● **Your assignment**:
Locate the line bearing "abbrev Ends : Type" in the material below, then reproduce it and each following line up to and including the line bearing "(failed : (offset size time : ℕ)".

Start of Dataset entries

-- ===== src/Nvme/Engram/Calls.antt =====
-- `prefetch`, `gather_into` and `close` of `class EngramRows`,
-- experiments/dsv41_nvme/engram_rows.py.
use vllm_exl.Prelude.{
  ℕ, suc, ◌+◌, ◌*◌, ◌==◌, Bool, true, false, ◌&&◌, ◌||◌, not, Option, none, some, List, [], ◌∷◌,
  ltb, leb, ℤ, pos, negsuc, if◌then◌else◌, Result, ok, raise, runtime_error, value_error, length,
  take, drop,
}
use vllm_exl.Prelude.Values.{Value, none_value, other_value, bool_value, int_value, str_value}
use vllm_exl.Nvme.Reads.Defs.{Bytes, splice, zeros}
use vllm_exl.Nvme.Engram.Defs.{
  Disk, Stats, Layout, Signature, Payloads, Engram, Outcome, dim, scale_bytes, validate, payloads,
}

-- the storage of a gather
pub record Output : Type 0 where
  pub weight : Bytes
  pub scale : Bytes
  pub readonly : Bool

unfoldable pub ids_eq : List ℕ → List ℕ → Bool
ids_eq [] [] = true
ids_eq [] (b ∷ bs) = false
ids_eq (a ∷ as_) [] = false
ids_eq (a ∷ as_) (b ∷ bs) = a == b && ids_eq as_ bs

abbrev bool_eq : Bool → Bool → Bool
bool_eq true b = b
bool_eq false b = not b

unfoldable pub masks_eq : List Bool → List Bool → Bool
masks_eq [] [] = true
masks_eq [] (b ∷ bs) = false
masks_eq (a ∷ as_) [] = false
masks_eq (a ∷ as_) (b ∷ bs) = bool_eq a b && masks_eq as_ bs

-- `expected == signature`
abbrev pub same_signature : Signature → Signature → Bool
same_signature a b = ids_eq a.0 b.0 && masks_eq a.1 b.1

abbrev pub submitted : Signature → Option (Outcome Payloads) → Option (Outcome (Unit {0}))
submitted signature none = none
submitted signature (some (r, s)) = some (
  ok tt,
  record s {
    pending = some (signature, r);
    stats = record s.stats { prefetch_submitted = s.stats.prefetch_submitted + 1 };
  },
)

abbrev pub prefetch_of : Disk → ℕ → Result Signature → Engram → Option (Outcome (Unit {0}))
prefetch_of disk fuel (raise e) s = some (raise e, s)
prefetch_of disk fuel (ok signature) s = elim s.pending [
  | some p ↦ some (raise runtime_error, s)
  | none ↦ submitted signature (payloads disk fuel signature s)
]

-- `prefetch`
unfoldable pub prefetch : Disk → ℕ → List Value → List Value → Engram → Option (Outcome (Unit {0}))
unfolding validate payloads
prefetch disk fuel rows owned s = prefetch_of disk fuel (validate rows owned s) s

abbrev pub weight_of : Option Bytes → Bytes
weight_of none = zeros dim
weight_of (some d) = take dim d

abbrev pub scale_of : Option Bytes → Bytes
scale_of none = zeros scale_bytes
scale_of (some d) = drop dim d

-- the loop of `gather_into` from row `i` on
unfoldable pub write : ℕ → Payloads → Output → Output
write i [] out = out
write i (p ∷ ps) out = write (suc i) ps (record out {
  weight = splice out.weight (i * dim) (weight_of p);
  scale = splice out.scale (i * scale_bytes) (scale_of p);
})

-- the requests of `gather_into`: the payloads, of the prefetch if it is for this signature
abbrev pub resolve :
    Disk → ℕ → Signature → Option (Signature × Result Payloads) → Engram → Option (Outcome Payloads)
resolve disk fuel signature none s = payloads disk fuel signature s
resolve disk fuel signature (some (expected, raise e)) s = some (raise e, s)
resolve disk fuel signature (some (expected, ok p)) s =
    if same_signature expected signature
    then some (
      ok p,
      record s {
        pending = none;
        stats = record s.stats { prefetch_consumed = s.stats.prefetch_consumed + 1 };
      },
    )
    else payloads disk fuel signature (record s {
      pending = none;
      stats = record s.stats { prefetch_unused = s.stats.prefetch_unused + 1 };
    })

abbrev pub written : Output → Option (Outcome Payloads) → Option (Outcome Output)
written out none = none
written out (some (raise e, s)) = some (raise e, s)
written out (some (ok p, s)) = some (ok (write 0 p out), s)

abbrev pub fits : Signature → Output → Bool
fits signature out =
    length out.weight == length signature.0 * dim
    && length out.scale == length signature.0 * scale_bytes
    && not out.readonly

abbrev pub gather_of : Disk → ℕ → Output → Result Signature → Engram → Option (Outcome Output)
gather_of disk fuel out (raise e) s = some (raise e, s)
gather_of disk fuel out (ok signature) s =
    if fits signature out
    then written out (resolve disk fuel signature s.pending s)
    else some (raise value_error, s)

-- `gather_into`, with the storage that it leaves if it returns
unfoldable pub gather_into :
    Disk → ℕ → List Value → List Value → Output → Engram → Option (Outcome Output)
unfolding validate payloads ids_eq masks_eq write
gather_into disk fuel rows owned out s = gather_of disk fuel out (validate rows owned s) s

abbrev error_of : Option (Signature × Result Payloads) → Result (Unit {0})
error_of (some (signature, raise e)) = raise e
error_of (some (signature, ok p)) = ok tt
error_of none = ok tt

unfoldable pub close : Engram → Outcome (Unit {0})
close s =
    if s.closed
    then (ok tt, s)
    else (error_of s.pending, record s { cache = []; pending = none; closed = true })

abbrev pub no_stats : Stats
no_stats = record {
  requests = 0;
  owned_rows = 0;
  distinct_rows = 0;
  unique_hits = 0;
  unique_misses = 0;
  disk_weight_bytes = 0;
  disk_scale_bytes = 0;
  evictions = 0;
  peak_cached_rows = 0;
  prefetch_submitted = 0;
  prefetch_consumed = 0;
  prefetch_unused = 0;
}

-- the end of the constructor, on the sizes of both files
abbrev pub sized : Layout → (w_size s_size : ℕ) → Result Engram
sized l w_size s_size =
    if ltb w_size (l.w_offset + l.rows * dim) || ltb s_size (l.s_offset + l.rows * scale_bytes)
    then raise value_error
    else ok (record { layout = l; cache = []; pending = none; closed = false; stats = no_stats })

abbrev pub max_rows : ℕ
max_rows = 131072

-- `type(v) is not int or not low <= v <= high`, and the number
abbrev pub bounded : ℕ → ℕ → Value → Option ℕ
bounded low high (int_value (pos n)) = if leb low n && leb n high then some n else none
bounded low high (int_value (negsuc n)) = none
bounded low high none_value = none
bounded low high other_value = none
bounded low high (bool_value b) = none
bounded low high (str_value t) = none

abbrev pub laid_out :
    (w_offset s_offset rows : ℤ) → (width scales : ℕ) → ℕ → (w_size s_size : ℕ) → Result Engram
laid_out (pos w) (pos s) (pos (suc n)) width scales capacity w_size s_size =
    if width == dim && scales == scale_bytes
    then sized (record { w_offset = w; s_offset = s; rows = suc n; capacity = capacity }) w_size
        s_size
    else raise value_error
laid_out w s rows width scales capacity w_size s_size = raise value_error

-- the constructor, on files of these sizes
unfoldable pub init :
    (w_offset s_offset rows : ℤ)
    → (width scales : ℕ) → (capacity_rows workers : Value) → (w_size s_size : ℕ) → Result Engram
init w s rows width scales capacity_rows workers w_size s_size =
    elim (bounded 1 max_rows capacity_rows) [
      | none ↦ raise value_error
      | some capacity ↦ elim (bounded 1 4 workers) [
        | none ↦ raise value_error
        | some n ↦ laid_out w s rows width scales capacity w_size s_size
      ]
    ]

End of Dataset entries
Start of Dataset entries

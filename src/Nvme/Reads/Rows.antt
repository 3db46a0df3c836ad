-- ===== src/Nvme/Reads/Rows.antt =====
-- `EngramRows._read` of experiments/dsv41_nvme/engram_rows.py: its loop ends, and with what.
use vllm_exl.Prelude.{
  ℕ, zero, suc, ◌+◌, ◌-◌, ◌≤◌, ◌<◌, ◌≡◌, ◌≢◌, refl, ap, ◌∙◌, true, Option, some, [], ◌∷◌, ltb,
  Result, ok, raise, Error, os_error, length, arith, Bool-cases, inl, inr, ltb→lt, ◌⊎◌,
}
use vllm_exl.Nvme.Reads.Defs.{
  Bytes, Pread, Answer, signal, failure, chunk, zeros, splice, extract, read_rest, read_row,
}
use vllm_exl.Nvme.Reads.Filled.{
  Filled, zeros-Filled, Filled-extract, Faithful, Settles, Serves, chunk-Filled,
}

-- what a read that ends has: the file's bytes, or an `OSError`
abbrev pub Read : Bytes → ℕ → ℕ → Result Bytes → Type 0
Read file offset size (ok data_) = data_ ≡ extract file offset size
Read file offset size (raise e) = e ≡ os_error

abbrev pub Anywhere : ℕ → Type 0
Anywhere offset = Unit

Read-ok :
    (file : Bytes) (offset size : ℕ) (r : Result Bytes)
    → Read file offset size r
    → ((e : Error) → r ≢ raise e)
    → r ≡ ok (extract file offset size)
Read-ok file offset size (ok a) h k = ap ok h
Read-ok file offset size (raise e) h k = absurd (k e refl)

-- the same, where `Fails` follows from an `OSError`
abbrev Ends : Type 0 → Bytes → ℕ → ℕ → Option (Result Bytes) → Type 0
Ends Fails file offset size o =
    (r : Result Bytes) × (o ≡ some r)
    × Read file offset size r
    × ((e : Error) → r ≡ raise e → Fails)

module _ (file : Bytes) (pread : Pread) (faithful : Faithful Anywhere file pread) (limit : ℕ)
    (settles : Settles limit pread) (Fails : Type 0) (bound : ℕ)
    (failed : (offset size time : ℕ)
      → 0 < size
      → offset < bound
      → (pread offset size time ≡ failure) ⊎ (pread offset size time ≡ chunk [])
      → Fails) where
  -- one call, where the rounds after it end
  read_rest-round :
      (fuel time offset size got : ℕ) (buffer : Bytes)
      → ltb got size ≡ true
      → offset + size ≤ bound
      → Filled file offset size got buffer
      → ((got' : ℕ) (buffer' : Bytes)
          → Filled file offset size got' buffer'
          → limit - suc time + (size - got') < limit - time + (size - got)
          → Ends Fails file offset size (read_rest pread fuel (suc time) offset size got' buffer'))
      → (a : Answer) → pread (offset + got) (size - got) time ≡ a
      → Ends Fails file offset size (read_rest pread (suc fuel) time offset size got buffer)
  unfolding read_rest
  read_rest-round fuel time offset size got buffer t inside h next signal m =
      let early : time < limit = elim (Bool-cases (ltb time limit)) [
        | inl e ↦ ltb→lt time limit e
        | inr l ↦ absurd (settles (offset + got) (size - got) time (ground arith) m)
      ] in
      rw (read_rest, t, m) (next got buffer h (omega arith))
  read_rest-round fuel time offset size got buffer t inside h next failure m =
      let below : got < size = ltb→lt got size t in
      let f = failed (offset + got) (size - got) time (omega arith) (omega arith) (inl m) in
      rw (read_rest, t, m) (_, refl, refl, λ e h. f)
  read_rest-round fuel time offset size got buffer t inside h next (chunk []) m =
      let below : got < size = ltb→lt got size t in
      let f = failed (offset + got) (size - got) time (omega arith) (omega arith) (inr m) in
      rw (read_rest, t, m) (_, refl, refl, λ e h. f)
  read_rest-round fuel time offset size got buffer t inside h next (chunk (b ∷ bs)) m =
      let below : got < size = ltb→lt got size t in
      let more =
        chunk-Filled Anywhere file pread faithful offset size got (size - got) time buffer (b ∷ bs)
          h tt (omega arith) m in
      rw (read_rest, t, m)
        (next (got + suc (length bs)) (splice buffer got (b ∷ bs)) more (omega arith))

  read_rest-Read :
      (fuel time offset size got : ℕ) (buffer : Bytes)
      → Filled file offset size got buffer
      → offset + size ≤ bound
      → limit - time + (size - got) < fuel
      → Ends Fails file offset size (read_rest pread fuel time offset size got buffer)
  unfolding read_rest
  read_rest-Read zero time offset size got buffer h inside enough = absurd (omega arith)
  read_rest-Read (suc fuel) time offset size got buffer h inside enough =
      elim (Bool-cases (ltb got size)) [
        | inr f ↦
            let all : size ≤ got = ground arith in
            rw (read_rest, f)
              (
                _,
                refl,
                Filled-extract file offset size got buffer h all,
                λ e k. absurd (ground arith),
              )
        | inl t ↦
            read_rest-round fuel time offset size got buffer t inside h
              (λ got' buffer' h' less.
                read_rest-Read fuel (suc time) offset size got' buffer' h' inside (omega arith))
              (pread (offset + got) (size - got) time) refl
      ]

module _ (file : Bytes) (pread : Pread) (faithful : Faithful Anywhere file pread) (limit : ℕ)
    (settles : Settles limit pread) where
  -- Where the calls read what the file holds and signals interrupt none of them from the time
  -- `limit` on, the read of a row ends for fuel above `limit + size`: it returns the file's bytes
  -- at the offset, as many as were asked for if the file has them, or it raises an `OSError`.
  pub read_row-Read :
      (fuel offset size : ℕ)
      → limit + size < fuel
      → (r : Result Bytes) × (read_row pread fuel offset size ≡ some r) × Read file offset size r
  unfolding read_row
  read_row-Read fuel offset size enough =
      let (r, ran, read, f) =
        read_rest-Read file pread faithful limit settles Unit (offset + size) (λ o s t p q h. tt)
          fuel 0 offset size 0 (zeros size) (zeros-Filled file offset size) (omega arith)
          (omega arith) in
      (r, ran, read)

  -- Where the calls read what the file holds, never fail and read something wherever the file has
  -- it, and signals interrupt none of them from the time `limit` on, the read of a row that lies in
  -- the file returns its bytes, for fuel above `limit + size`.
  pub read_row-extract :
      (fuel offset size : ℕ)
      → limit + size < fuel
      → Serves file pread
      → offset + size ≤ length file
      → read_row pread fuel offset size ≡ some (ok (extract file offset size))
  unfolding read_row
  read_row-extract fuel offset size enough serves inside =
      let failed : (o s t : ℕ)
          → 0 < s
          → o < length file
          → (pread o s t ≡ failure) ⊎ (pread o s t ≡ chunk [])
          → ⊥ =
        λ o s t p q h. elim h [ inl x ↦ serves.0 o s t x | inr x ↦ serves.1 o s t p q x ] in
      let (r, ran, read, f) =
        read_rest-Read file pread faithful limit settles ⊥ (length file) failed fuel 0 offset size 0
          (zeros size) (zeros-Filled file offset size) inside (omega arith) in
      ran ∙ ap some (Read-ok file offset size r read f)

End of Dataset entries
Start of Dataset entries

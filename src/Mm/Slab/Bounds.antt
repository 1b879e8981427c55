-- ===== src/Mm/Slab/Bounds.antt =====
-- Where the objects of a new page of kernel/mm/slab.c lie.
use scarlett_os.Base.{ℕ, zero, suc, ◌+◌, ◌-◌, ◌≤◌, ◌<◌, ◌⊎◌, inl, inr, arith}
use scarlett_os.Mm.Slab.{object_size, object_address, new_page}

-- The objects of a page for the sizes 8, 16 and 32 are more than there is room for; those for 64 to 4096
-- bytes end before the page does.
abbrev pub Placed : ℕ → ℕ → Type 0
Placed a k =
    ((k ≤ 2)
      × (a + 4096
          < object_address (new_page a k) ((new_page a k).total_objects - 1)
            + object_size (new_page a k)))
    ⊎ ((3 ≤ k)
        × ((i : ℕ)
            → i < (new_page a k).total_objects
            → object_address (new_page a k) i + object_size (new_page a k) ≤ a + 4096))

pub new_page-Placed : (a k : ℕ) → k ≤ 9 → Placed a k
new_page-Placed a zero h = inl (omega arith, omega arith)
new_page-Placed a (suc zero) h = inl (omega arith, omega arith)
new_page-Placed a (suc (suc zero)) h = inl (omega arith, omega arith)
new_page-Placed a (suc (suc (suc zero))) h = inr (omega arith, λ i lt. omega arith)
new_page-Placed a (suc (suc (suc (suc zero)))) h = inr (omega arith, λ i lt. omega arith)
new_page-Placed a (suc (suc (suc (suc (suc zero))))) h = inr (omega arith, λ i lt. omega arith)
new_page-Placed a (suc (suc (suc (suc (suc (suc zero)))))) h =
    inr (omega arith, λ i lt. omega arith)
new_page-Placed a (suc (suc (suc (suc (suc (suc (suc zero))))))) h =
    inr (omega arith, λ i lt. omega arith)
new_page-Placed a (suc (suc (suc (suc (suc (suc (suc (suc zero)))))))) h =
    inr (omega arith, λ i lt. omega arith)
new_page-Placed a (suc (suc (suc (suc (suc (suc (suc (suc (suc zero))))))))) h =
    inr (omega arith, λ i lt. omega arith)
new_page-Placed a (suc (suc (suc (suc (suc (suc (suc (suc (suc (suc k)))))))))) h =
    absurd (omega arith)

End of Dataset entries

● **Solution for this exercise**:
abbrev Ends : Type 0 → Bytes → ℕ → ℕ → Option (Result Bytes) → Type 0
Ends Fails file offset size o =
    (r : Result Bytes) × (o ≡ some r)
    × Read file offset size r
    × ((e : Error) → r ≡ raise e → Fails)

module _ (file : Bytes) (pread : Pread) (faithful : Faithful Anywhere file pread) (limit : ℕ)
    (settles : Settles limit pread) (Fails : Type 0) (bound : ℕ)
    (failed : (offset size time : ℕ)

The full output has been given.